The contact angle of coatings also reveals that SW1000 has a significantly larger crystallite size compared to SW800. Larger and more ordered, condensed, and organized carbon structures lead to greater inherent hydrophobicity. When these particles are incorporated into the coating, it improves the surface hydrophobicity of coatings. The higher pyrolysis temperature leads to a greater degree of graphitization. At higher temperatures, volatile compounds and oxygen-containing functional groups (like hydroxyl, carboxyl, and carbonyl) are removed from the surface. Loss of functional groups is evident from FTIR and EDX data as discussed earlier. These polar functional groups are responsible for the formation of hydrogen bonds with surface moisture or water molecules present on the surface, making the surface hydrophilic in nature.

4. Conclusions

This study comprehensively investigated the feasibility of developing sustainable, corrosion-resistant epoxy coatings by incorporating sheep wool-derived biochar. Two variants, SW800 and SW1000, were synthesized and characterized, with SW1000 exhibiting a lower yield (23.65% vs. 25.77% for SW800). Structural analysis via XRD revealed that SW1000 possessed a significantly larger crystallite size as compared to SW800, indicating a more condensed and organized carbon structure at higher pyrolysis temperatures. FTIR confirmed structural differences, and EDX analysis further highlighted elemental variations, including a higher oxygen content in SW1000.

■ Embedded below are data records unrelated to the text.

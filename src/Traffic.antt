-- ===== src/Traffic.antt =====
-- The maps that `AnomalyDetector::evaluate` of src/anomaly_detector.cpp fills from the packets of its
-- window. A `std::map` iterates by key; what comes of the iteration is sorted afterwards by fields that hold the key, so
-- the order of an association list serves.
use packet_switch.Prelude.{
  [], List, ℕ, Option, ◌&&◌, Bool, true, some, if◌then◌else◌, ◌==◌, ◌∷◌, false, any_of, ◌||◌, ◌+◌,
  not, ◌%◌, ◌^◌, ℕ_discrete, none, value_or, ◌++◌,
}
use packet_switch.Frame.{MacAddress, mac_discrete}
use packet_switch.Prelude.Maps.{assign, find}
use packet_switch.Packet.{
  broadcast, PacketAnalysis, PacketClassification, valid, malformed, unknown_unicast,
  malformed_ethernet, malformed_ipv4, malformed_transport,
}

pub record ObservedPacket : Type 0 where
  pub timestamp_ns : ℕ
  pub packet : PacketAnalysis

pub record TrafficCounter : Type 0 where
  pub packets : ℕ
  pub bytes : ℕ
  pub ingress_port : ℕ

abbrev pub is_valid : PacketAnalysis → Bool
is_valid p = elim p.validity [
  | valid ↦ true
  | malformed_ethernet ↦ false
  | malformed_ipv4 ↦ false
  | malformed_transport ↦ false
]

abbrev pub is_class_broadcast : PacketClassification → Bool
is_class_broadcast broadcast = true
is_class_broadcast _ = false

abbrev pub is_class_unknown : PacketClassification → Bool
is_class_unknown unknown_unicast = true
is_class_unknown _ = false

abbrev pub is_class_malformed : PacketClassification → Bool
is_class_malformed malformed = true
is_class_malformed _ = false

-- The maps that `evaluate` fills.
pub record Tables : Type 0 where
  pub broadcasts : List (MacAddress × TrafficCounter)
  pub unknown_unicasts : List (MacAddress × TrafficCounter)
  pub udp_sources : List (ℕ × TrafficCounter)
  pub scan_destinations : List (ℕ × List ℕ)
  pub scan_ingress_ports : List (ℕ × ℕ)
  pub ingress_ports : List (MacAddress × List ℕ)
  pub source_traffic : List (MacAddress × TrafficCounter)
  pub malformed_ingress_ports : List (ℕ × TrafficCounter)

abbrev pub no_tables : Tables
no_tables = record {
  broadcasts = [];
  unknown_unicasts = [];
  udp_sources = [];
  scan_destinations = [];
  scan_ingress_ports = [];
  ingress_ports = [];
  source_traffic = [];
  malformed_ingress_ports = [];
}

-- A counter of `counters[key]`, which starts at 0, with one packet more.
abbrev pub bump : Option TrafficCounter → PacketAnalysis → TrafficCounter
bump none p = record { packets = 1; bytes = p.frame_length; ingress_port = p.ingress_port }
bump (some counter) p = record {
  packets = (counter.packets + 1) % 2 ^ 64;
  bytes = (counter.bytes + p.frame_length) % 2 ^ 64;
  ingress_port = p.ingress_port;
}

abbrev pub bump_if :
    {K : Type 0}
    → Discrete K
    → Bool
    → K
    → PacketAnalysis
    → List (K × TrafficCounter)
    → List (K × TrafficCounter)
bump_if dec test key p m = if test then assign dec key (bump (find dec key m) p) m else m

-- `std::set::insert`.
abbrev pub set_insert : ℕ → List ℕ → List ℕ
set_insert x xs = if any_of (λ y. y == x) xs then xs else x ∷ xs

-- The body of the loop over the observations.
unfoldable pub observe : Tables → PacketAnalysis → Tables
observe t p =
    let udp = is_valid p && p.protocol == 17 in
    let scanned = is_valid p && (p.protocol == 6 || p.protocol == 17) in
    let formed = not (is_class_malformed p.classification) in
    record {
      broadcasts =
          bump_if mac_discrete (is_class_broadcast p.classification) p.source_mac p t.broadcasts;
      unknown_unicasts =
          bump_if mac_discrete (is_class_unknown p.classification) p.source_mac p
            t.unknown_unicasts;
      udp_sources = bump_if ℕ_discrete udp p.source_ipv4 p t.udp_sources;
      scan_destinations =
          if scanned
          then assign ℕ_discrete p.source_ipv4
              (set_insert p.destination_port
                (value_or (find ℕ_discrete p.source_ipv4 t.scan_destinations) []))
              t.scan_destinations
          else t.scan_destinations;
      scan_ingress_ports =
          if scanned
          then assign ℕ_discrete p.source_ipv4 p.ingress_port t.scan_ingress_ports
          else t.scan_ingress_ports;
      ingress_ports =
          if formed
          then assign mac_discrete p.source_mac
              (value_or (find mac_discrete p.source_mac t.ingress_ports) [] ++ p.ingress_port ∷ [])
              t.ingress_ports
          else t.ingress_ports;
      source_traffic = bump_if mac_discrete (is_valid p) p.source_mac p t.source_traffic;
      malformed_ingress_ports =
          bump_if ℕ_discrete (not (is_valid p)) p.ingress_port p t.malformed_ingress_ports;
    }

unfoldable pub observe_all : Tables → List ObservedPacket → Tables
observe_all t [] = t
observe_all t (o ∷ os) = observe_all (observe t o.packet) os
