-- ===== src/Anomaly.antt =====
-- The anomaly events of include/wirelab/anomaly_detector.hpp.
use packet_switch.Prelude.{ℕ, Bool, holds}
use packet_switch.Frame.{MacAddress}

pub data AnomalyType : Type 0 where
  broadcast_storm mac_flap unknown_unicast_flood udp_flood port_scan : AnomalyType
  hot_talker malformed_frame : AnomalyType

unfoldable pub anomaly_discrete : Discrete AnomalyType
anomaly_discrete = hlevel

abbrev pub type_eq : AnomalyType → AnomalyType → Bool
type_eq a b = holds (anomaly_discrete a b)

-- The order of an `enum class` is that of its enumerators.
abbrev pub ordinal : AnomalyType → ℕ
ordinal broadcast_storm = 0
ordinal mac_flap = 1
ordinal unknown_unicast_flood = 2
ordinal udp_flood = 3
ordinal port_scan = 4
ordinal hot_talker = 5
ordinal malformed_frame = 6

pub record AnomalyEvent : Type 0 where
  pub type : AnomalyType
  pub source_mac : MacAddress
  pub source_ipv4 : ℕ
  pub ingress_port : ℕ
  pub observed_packets : ℕ
  pub observed_bytes : ℕ
  pub observed_distinct_destinations : ℕ
  pub threshold : ℕ
  pub window_duration_ns : ℕ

The evaluation of coating performance with biochar loadings from 1% to 5% demonstrated significant functional benefits. This study affirmed that biochar inclusion did not compromise critical mechanical properties. All biochar-loaded coatings, irrespective of type or concentration, achieved an excellent 5B adhesion rating, indicating strong bonding to the metal substrate. Moreover, all coatings exhibited identical mechanical and chemical properties, such as scratch, pencil, flexibility, acid, alkali, and solvent rub test. A major advantage of the incorporation of biochar is that it consistently enhances the hydrophobicity of the coatings. The water contact angle of SW800 and SW1000-based coatings progressively form 68.2 to 81.1 and 85.2 degrees, respectively, with increasing biochar concentration. Coatings containing SW1000 biochar consistently exhibited higher contact angles compared to SW800 at equivalent concentrations.

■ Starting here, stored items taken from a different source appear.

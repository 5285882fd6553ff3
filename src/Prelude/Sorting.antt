-- ===== src/Prelude/Sorting.antt =====
-- `std::sort`, as insertion sort by a strict test.
use mathlib.Core.Path.{◌≡◌}
use mathlib.Core.Logic.{inl, inr, ◌⊎◌, ◌↔◌}
use mathlib.Core.Bool.{Bool, true, false}
use mathlib.Core.List.{List, [], ◌∷◌, Perm}
use mathlib.Core.List.Perm
use native.Mathlib.Omega.{arith}
use packet_switch.Prelude.Tests.{if◌then◌else◌, Bool-cases}
use packet_switch.Prelude.Lists.{All}

module _ {ℓ} {A : Type ℓ} (lt : A → A → Bool) where
  unfoldable pub insert : A → List A → List A
  insert a [] = a ∷ []
  insert a (x ∷ xs) = if lt x a then x ∷ insert a xs else a ∷ x ∷ xs

  unfoldable pub sort : List A → List A
  unfolding insert
  sort [] = []
  sort (x ∷ xs) = insert x (sort xs)

  -- No later element is less than an earlier one.
  abbrev pub IsSorted : List A → Type 0
  IsSorted [] = Unit
  IsSorted (x ∷ xs) = All (λ y. lt y x ≡ false) xs × IsSorted xs

  insert-perm : (a : A) (xs : List A) → Perm (insert a xs) (a ∷ xs)
  unfolding insert
  insert-perm a [] = Perm.refl (a ∷ [])
  insert-perm a (x ∷ xs) = ground (
    arith,
    Perm.refl (a ∷ x ∷ xs),
    Perm.trans (Perm.cons x (insert-perm a xs)) (Perm.swap a x xs),
  )

  pub sort-perm : (xs : List A) → Perm (sort xs) xs
  unfolding sort
  sort-perm [] = Perm.refl []
  sort-perm (x ∷ xs) = Perm.trans (insert-perm x (sort xs)) (Perm.cons x (sort-perm xs))

  module _ (asym : (a b : A) → lt a b ≡ true → lt b a ≡ false)
      (trans : (a b c : A) → lt b a ≡ false → lt c b ≡ false → lt c a ≡ false) where
    All-not_lt :
        (a b : A) (xs : List A)
        → lt b a ≡ false
        → All (λ y. lt y b ≡ false) xs
        → All (λ y. lt y a ≡ false) xs
    All-not_lt a b [] h k = tt
    All-not_lt a b (x ∷ xs) h k = (trans a b x h k.0, All-not_lt a b xs h k.1)

    All-insert :
        (a b : A) (xs : List A)
        → lt b a ≡ false
        → All (λ y. lt y a ≡ false) xs
        → All (λ y. lt y a ≡ false) (insert b xs)
    unfolding insert
    All-insert a b [] h k = (h, tt)
    All-insert a b (x ∷ xs) h k = ground (arith, All-insert a b xs h k.1)

    insert-IsSorted : (a : A) (xs : List A) → IsSorted xs → IsSorted (insert a xs)
    unfolding insert
    insert-IsSorted a [] h = (tt, tt)
    insert-IsSorted a (x ∷ xs) h = elim (Bool-cases (lt x a)) [
      | inl e ↦ rw e (All-insert x a xs (asym x a e) h.0, insert-IsSorted a xs h.1)
      | inr e ↦ rw e ((e, All-not_lt a x xs e h.0), h)
    ]

    pub sort-IsSorted : (xs : List A) → IsSorted (sort xs)
    unfolding sort
    sort-IsSorted [] = tt
    sort-IsSorted (x ∷ xs) = insert-IsSorted x (sort xs) (sort-IsSorted xs)

-- Membership with its evidence, by recursion.
abbrev pub IsIn : {A : Type 0} → A → List A → Type 0
IsIn a [] = ⊥
IsIn a (x ∷ xs) = (a ≡ x) ⊎ IsIn a xs

module _ {A : Type 0} (lt : A → A → Bool) (a : A) where
  IsIn-insert : (x : A) (xs : List A) → IsIn a (insert lt x xs) ↔ IsIn a (x ∷ xs)
  unfolding insert
  IsIn-insert x [] = (λ h. h, λ h. h)
  IsIn-insert x (y ∷ ys) = ground (arith, IsIn-insert x ys)

  -- Sorting keeps exactly the elements.
  pub IsIn-sort : (xs : List A) → IsIn a (sort lt xs) ↔ IsIn a xs
  unfolding sort
  IsIn-sort [] = (λ h. h, λ h. h)
  IsIn-sort (x ∷ xs) =
      let (to, from) = IsIn-insert x (sort lt xs) in
      let (down, up) = IsIn-sort xs in (λ h. carry down (to h), λ h. from (carry up h))
    where
      carry : {P Q : Type 0} → (P → Q) → (a ≡ x) ⊎ P → (a ≡ x) ⊎ Q
      carry f (inl e) = inl e
      carry f (inr p) = inr (f p)
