-- ===== src/AnomalyDetector.antt =====
-- src/anomaly_detector.cpp and include/wirelab/anomaly_detector.hpp: the sliding window over the
-- analysed packets, and the anomalies that start in it.
pub mod Window
pub mod Storms
use packet_switch.Prelude.{
  ◌≡◌, [], List, ℕ, false, if◌then◌else◌, select, ◌∷◌, Bool, ℕ_discrete, map, ltb, any_of, not,
  ◌++◌, ◌==◌, Option, value_or, ◌+◌, ◌-◌, ◌&&◌, holds, true, none, leb, length, some,
}
use packet_switch.Traffic.{observe_all, Tables, TrafficCounter, ObservedPacket, no_tables}
use packet_switch.Packet.{PacketAnalysis}
use packet_switch.Frame.{MacAddress, mac_discrete, zero_mac, mac_bytes}
use packet_switch.Anomaly.{
  AnomalyEvent, AnomalyType, anomaly_discrete, mac_flap, port_scan, malformed_frame, udp_flood,
  broadcast_storm, ordinal, unknown_unicast_flood, hot_talker,
}
use packet_switch.Prelude.Sorting.{sort}
use packet_switch.Prelude.Maps.{find}
use packet_switch.Prelude.Texts.{text_lt}

pub record AnomalyDetectorConfig : Type 0 where
  pub window_duration_ns : ℕ
  pub broadcast_packets_threshold : ℕ
  pub mac_flap_transitions_threshold : ℕ
  pub unknown_unicast_packets_threshold : ℕ
  pub udp_packets_threshold : ℕ
  pub port_scan_destinations_threshold : ℕ
  pub hot_talker_packets_threshold : ℕ
  pub malformed_frames_threshold : ℕ

pub record ActiveAnomaly : Type 0 where
  pub type : AnomalyType
  pub source_mac : MacAddress
  pub source_ipv4 : ℕ
  pub ingress_port : ℕ

unfoldable pub active_discrete : Discrete ActiveAnomaly
active_discrete = hlevel (anomaly_discrete, mac_discrete, ℕ_discrete)

pub record AnomalyDetector : Type 0 where
  pub config : AnomalyDetectorConfig
  pub observations : List ObservedPacket
  pub active_anomalies : List ActiveAnomaly
  pub last_timestamp_ns : ℕ
  pub has_timestamp : Bool

-- The changes from each port to the next.
unfoldable pub transitions : List ℕ → ℕ
transitions [] = 0
transitions (port ∷ []) = 0
transitions (port ∷ next ∷ ports) = (if next == port then 0 else 1) + transitions (next ∷ ports)

abbrev pub last_or : ℕ → List ℕ → ℕ
last_or port [] = port
last_or port (next ∷ ports) = last_or next ports

-- `add_candidate`: whether the evidence is above a threshold that is set.
abbrev pub exceeds : AnomalyEvent → Bool
exceeds e =
    not (e.threshold == 0)
    && not (leb e.observed_packets e.threshold && leb e.observed_distinct_destinations e.threshold)

abbrev pub mac_event :
    AnomalyDetectorConfig → AnomalyType → ℕ → MacAddress × TrafficCounter → AnomalyEvent
mac_event config type threshold (mac, counter) = record {
  type = type;
  source_mac = mac;
  source_ipv4 = 0;
  ingress_port = counter.ingress_port;
  observed_packets = counter.packets;
  observed_bytes = counter.bytes;
  observed_distinct_destinations = 0;
  threshold = threshold;
  window_duration_ns = config.window_duration_ns;
}

abbrev pub udp_event : AnomalyDetectorConfig → ℕ × TrafficCounter → AnomalyEvent
udp_event config (source_ipv4, counter) =
    record (mac_event config udp_flood config.udp_packets_threshold (zero_mac, counter)) {
      source_ipv4 = source_ipv4;
    }

abbrev pub malformed_event : AnomalyDetectorConfig → ℕ × TrafficCounter → AnomalyEvent
malformed_event config (ingress_port, counter) =
    record (mac_event config malformed_frame config.malformed_frames_threshold
      (zero_mac, counter)) { ingress_port = ingress_port }

abbrev pub scan_event : AnomalyDetectorConfig → List (ℕ × ℕ) → ℕ × List ℕ → AnomalyEvent
scan_event config ports (source_ipv4, destinations) = record {
  type = port_scan;
  source_mac = zero_mac;
  source_ipv4 = source_ipv4;
  ingress_port = value_or (find ℕ_discrete source_ipv4 ports) 0;
  observed_packets = 0;
  observed_bytes = 0;
  observed_distinct_destinations = length destinations;
  threshold = config.port_scan_destinations_threshold;
  window_duration_ns = config.window_duration_ns;
}

abbrev pub flap_event : AnomalyDetectorConfig → MacAddress × List ℕ → AnomalyEvent
flap_event config (mac, ports) = record {
  type = mac_flap;
  source_mac = mac;
  source_ipv4 = 0;
  ingress_port = last_or 0 ports;
  observed_packets = transitions ports;
  observed_bytes = 0;
  observed_distinct_destinations = 0;
  threshold = config.mac_flap_transitions_threshold;
  window_duration_ns = config.window_duration_ns;
}

-- The seven loops that call `add_candidate`.
unfoldable pub candidates : AnomalyDetectorConfig → Tables → List AnomalyEvent
candidates config t = select exceeds (
    map (mac_event config broadcast_storm config.broadcast_packets_threshold) t.broadcasts
    ++ (map (mac_event config unknown_unicast_flood config.unknown_unicast_packets_threshold)
          t.unknown_unicasts
        ++ (map (udp_event config) t.udp_sources
            ++ (map (scan_event config t.scan_ingress_ports) t.scan_destinations
                ++ (map (flap_event config) t.ingress_ports
                    ++ (map (mac_event config hot_talker config.hot_talker_packets_threshold)
                          t.source_traffic
                        ++ map (malformed_event config) t.malformed_ingress_ports))))))

abbrev pub event_less : AnomalyEvent → AnomalyEvent → Bool
event_less a b =
    if ltb (ordinal a.type) (ordinal b.type)
    then true
    else if ltb (ordinal b.type) (ordinal a.type)
    then false
    else if text_lt (mac_bytes a.source_mac) (mac_bytes b.source_mac)
    then true
    else if text_lt (mac_bytes b.source_mac) (mac_bytes a.source_mac)
    then false
    else if ltb a.source_ipv4 b.source_ipv4
    then true
    else if ltb b.source_ipv4 a.source_ipv4
    then false
    else ltb a.ingress_port b.ingress_port

abbrev pub active_of : AnomalyEvent → ActiveAnomaly
active_of e = record {
  type = e.type;
  source_mac = e.source_mac;
  source_ipv4 = e.source_ipv4;
  ingress_port = e.ingress_port;
}

abbrev pub is_active : List ActiveAnomaly → AnomalyEvent → Bool
is_active active e = any_of (λ a. holds (active_discrete a (active_of e))) active

-- `AnomalyDetector(config)`: `none` is the exception `std::invalid_argument`.
unfoldable pub init : AnomalyDetectorConfig → Option AnomalyDetector
init config =
    if config.window_duration_ns == 0
    then none
    else some (record {
      config = config;
      observations = [];
      active_anomalies = [];
      last_timestamp_ns = 0;
      has_timestamp = false;
    })

-- The loop of `expire`.
unfoldable pub drop_before : ℕ → List ObservedPacket → List ObservedPacket
drop_before cutoff [] = []
drop_before cutoff (o ∷ os) = if ltb o.timestamp_ns cutoff then drop_before cutoff os else o ∷ os

abbrev pub cutoff_at : AnomalyDetectorConfig → ℕ → ℕ
cutoff_at config timestamp_ns =
    if ltb config.window_duration_ns timestamp_ns
    then timestamp_ns - config.window_duration_ns
    else 0

abbrev pub stamp : ℕ → PacketAnalysis → ObservedPacket
stamp timestamp_ns p = record { timestamp_ns = timestamp_ns; packet = p }

-- The observations after the new packets are in and the old ones out.
unfoldable pub slide : AnomalyDetector → List PacketAnalysis → ℕ → List ObservedPacket
slide d packets timestamp_ns =
    drop_before (cutoff_at d.config timestamp_ns)
      (d.observations ++ map (stamp timestamp_ns) packets)

-- All candidates of the window, in the order of the report.
unfoldable pub current : AnomalyDetectorConfig → List ObservedPacket → List AnomalyEvent
current config observations =
    sort event_less (candidates config (observe_all no_tables observations))

-- `none` is the exception `std::invalid_argument`.
unfoldable pub evaluate :
    AnomalyDetector → List PacketAnalysis → ℕ → AnomalyDetector × Option (List AnomalyEvent)
evaluate d packets timestamp_ns =
    let window = slide d packets timestamp_ns in
    let found = current d.config window in
    if d.has_timestamp && ltb timestamp_ns d.last_timestamp_ns then (d, none) else (
      record d {
        observations = window;
        active_anomalies = map active_of found;
        last_timestamp_ns = timestamp_ns;
        has_timestamp = true;
      },
      some (select (λ e. not (is_active d.active_anomalies e)) found),
    )

unfoldable pub reset : AnomalyDetector → AnomalyDetector
reset d = record d {
  observations = [];
  active_anomalies = [];
  last_timestamp_ns = 0;
  has_timestamp = false;
}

In conclusion, this research successfully establishes sheep wool-derived biochar as a promising and sustainable alternative raw material for high-performance epoxy coatings. These findings support the development of sustainable protective coatings that contribute to waste valorization and reduce reliance on petrochemical-derived materials.

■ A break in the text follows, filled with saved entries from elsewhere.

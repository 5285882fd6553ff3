-- ===== src/PolicyEngine.antt =====
-- src/policy_engine.cpp and include/wirelab/policy_engine.hpp: the rules that turn anomalies into
-- decisions, and how often each rule has been hit.
pub mod Rules
pub mod Hits
use packet_switch.Prelude.{
  ℕ, ◌+◌, ◌%◌, ◌^◌, Bool, true, false, ◌&&◌, Option, none, some, List, [], ◌∷◌, ◌++◌, ◌==◌,
  if◌then◌else◌, Expected, ok, unexpected, find_if, any_of, value_or,
}
use packet_switch.Prelude.Maps.{find, assign, erase}
use packet_switch.Prelude.Texts.{Text, text_eq, text_discrete, is_empty}
use packet_switch.Anomaly.{AnomalyType, AnomalyEvent, type_eq}

pub data PolicyAction : Type 0 where
  allow drop mirror rate_limit quarantine alert_only : PolicyAction

pub data PolicyConfigurationError : Type 0 where
  empty_name duplicate_name missing_rate_limit : PolicyConfigurationError

pub record PolicyRule : Type 0 where
  pub name : Text
  pub anomaly_type : AnomalyType
  pub action : PolicyAction
  pub enabled : Bool
  pub rate_limit_packets_per_second : ℕ

pub record PolicyDecision : Type 0 where
  pub rule_name : Text
  pub action : PolicyAction
  pub anomaly : AnomalyEvent
  pub hit_count : ℕ
  pub rate_limit_packets_per_second : ℕ

pub record PolicyEngine : Type 0 where
  pub rules : List PolicyRule
  pub hit_counts : List (Text × ℕ)

abbrev pub empty_engine : PolicyEngine
empty_engine = record { rules = []; hit_counts = [] }

abbrev pub is_rate_limit : PolicyAction → Bool
is_rate_limit rate_limit = true
is_rate_limit _ = false

unfoldable pub validate : PolicyRule → Expected (Unit {0}) PolicyConfigurationError
validate rule =
    if is_empty rule.name
    then unexpected empty_name
    else if is_rate_limit rule.action && rule.rate_limit_packets_per_second == 0
    then unexpected missing_rate_limit
    else ok tt

abbrev pub has_name : Text → PolicyRule → Bool
has_name name rule = text_eq rule.name name

-- The loop of `set_rules`: the names so far are `names`.
unfoldable pub check_rules :
    List Text → List PolicyRule → Expected (Unit {0}) PolicyConfigurationError
check_rules names [] = ok tt
check_rules names (rule ∷ rules) =
    let rest = check_rules (rule.name ∷ names) rules in
    elim (validate rule) [
      | unexpected e ↦ unexpected e
      | ok _ ↦ if any_of (text_eq rule.name) names then unexpected duplicate_name else rest
    ]

unfoldable pub set_rules :
    PolicyEngine → List PolicyRule → PolicyEngine × Expected (Unit {0}) PolicyConfigurationError
set_rules e rules = elim (check_rules [] rules) [
  | unexpected error ↦ (e, unexpected error)
  | ok _ ↦ (record { rules = rules; hit_counts = [] }, ok tt)
]

unfoldable pub add_rule :
    PolicyEngine → PolicyRule → PolicyEngine × Expected (Unit {0}) PolicyConfigurationError
add_rule e rule = elim (validate rule) [
  | unexpected error ↦ (e, unexpected error)
  | ok _ ↦
      if any_of (has_name rule.name) e.rules
      then (e, unexpected duplicate_name)
      else (record e { rules = e.rules ++ rule ∷ [] }, ok tt)
]

-- `rules_.erase` of the first rule with the name.
unfoldable pub erase_rule : Text → List PolicyRule → List PolicyRule
erase_rule name [] = []
erase_rule name (rule ∷ rules) = if has_name name rule then rules else rule ∷ erase_rule name rules

unfoldable pub remove_rule : PolicyEngine → Text → PolicyEngine × Bool
remove_rule e name = elim (find_if (has_name name) e.rules) [
  | none ↦ (e, false)
  | some rule ↦ (
    record {
      rules = erase_rule name e.rules;
      hit_counts = erase text_discrete rule.name e.hit_counts;
    },
    true,
  )
]

unfoldable pub enable_rule : Text → Bool → List PolicyRule → List PolicyRule
enable_rule name enabled [] = []
enable_rule name enabled (rule ∷ rules) =
    if has_name name rule
    then record rule { enabled = enabled } ∷ rules
    else rule ∷ enable_rule name enabled rules

unfoldable pub set_enabled : PolicyEngine → Text → Bool → PolicyEngine × Bool
set_enabled e name enabled = elim (find_if (has_name name) e.rules) [
  | none ↦ (e, false)
  | some _ ↦ (record e { rules = enable_rule name enabled e.rules }, true)
]

abbrev pub triggers : AnomalyEvent → PolicyRule → Bool
triggers anomaly rule = rule.enabled && type_eq rule.anomaly_type anomaly.type

unfoldable pub count_of : List (Text × ℕ) → Text → ℕ
count_of counts name = value_or (find text_discrete name counts) 0

-- `++hit_counts_[name]`.
abbrev pub hit : List (Text × ℕ) → Text → ℕ
hit counts name = (count_of counts name + 1) % 2 ^ 64

-- The loop of `evaluate`, over the counts: the counts after it, and the decisions.
unfoldable pub decide_all :
    List PolicyRule → List (Text × ℕ) → List AnomalyEvent → List (Text × ℕ) × List PolicyDecision
decide_all rules counts [] = (counts, [])
decide_all rules counts (anomaly ∷ anomalies) = elim (find_if (triggers anomaly) rules) [
  | none ↦ decide_all rules counts anomalies
  | some rule ↦
      let count = hit counts rule.name in
      let rest = decide_all rules (assign text_discrete rule.name count counts) anomalies in
      (
        rest.0,
        record {
          rule_name = rule.name;
          action = rule.action;
          anomaly = anomaly;
          hit_count = count;
          rate_limit_packets_per_second = rule.rate_limit_packets_per_second;
        }
            ∷ rest.1,
      )
]

unfoldable pub evaluate : PolicyEngine → List AnomalyEvent → PolicyEngine × List PolicyDecision
evaluate e anomalies = (
  record e { hit_counts = (decide_all e.rules e.hit_counts anomalies).0 },
  (decide_all e.rules e.hit_counts anomalies).1,
)

unfoldable pub hit_count : PolicyEngine → Text → ℕ
hit_count e name = count_of e.hit_counts name

unfoldable pub reset : PolicyEngine → PolicyEngine
reset e = record e { hit_counts = [] }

For future scope, various aspects of biochar need to be explored to improve the performance of the coating. This includes surface functionalization of biochar with silane, amine, or acid groups, etc. Integration of biochar with nanoparticles will also be an interesting field for coating formulators. Though the coating based on biochar materials has opportunities to become a sustainable solution, it is associated with certain challenges that limit its application in broader coating sectors. These challenges include variation in input biomass quality, coloration of coating as biochar mainly available on dark colors, compatibilities with resin matrix, etc. Addressing these challenges is crucial to unlock the potential of biochar in the paints and coatings field.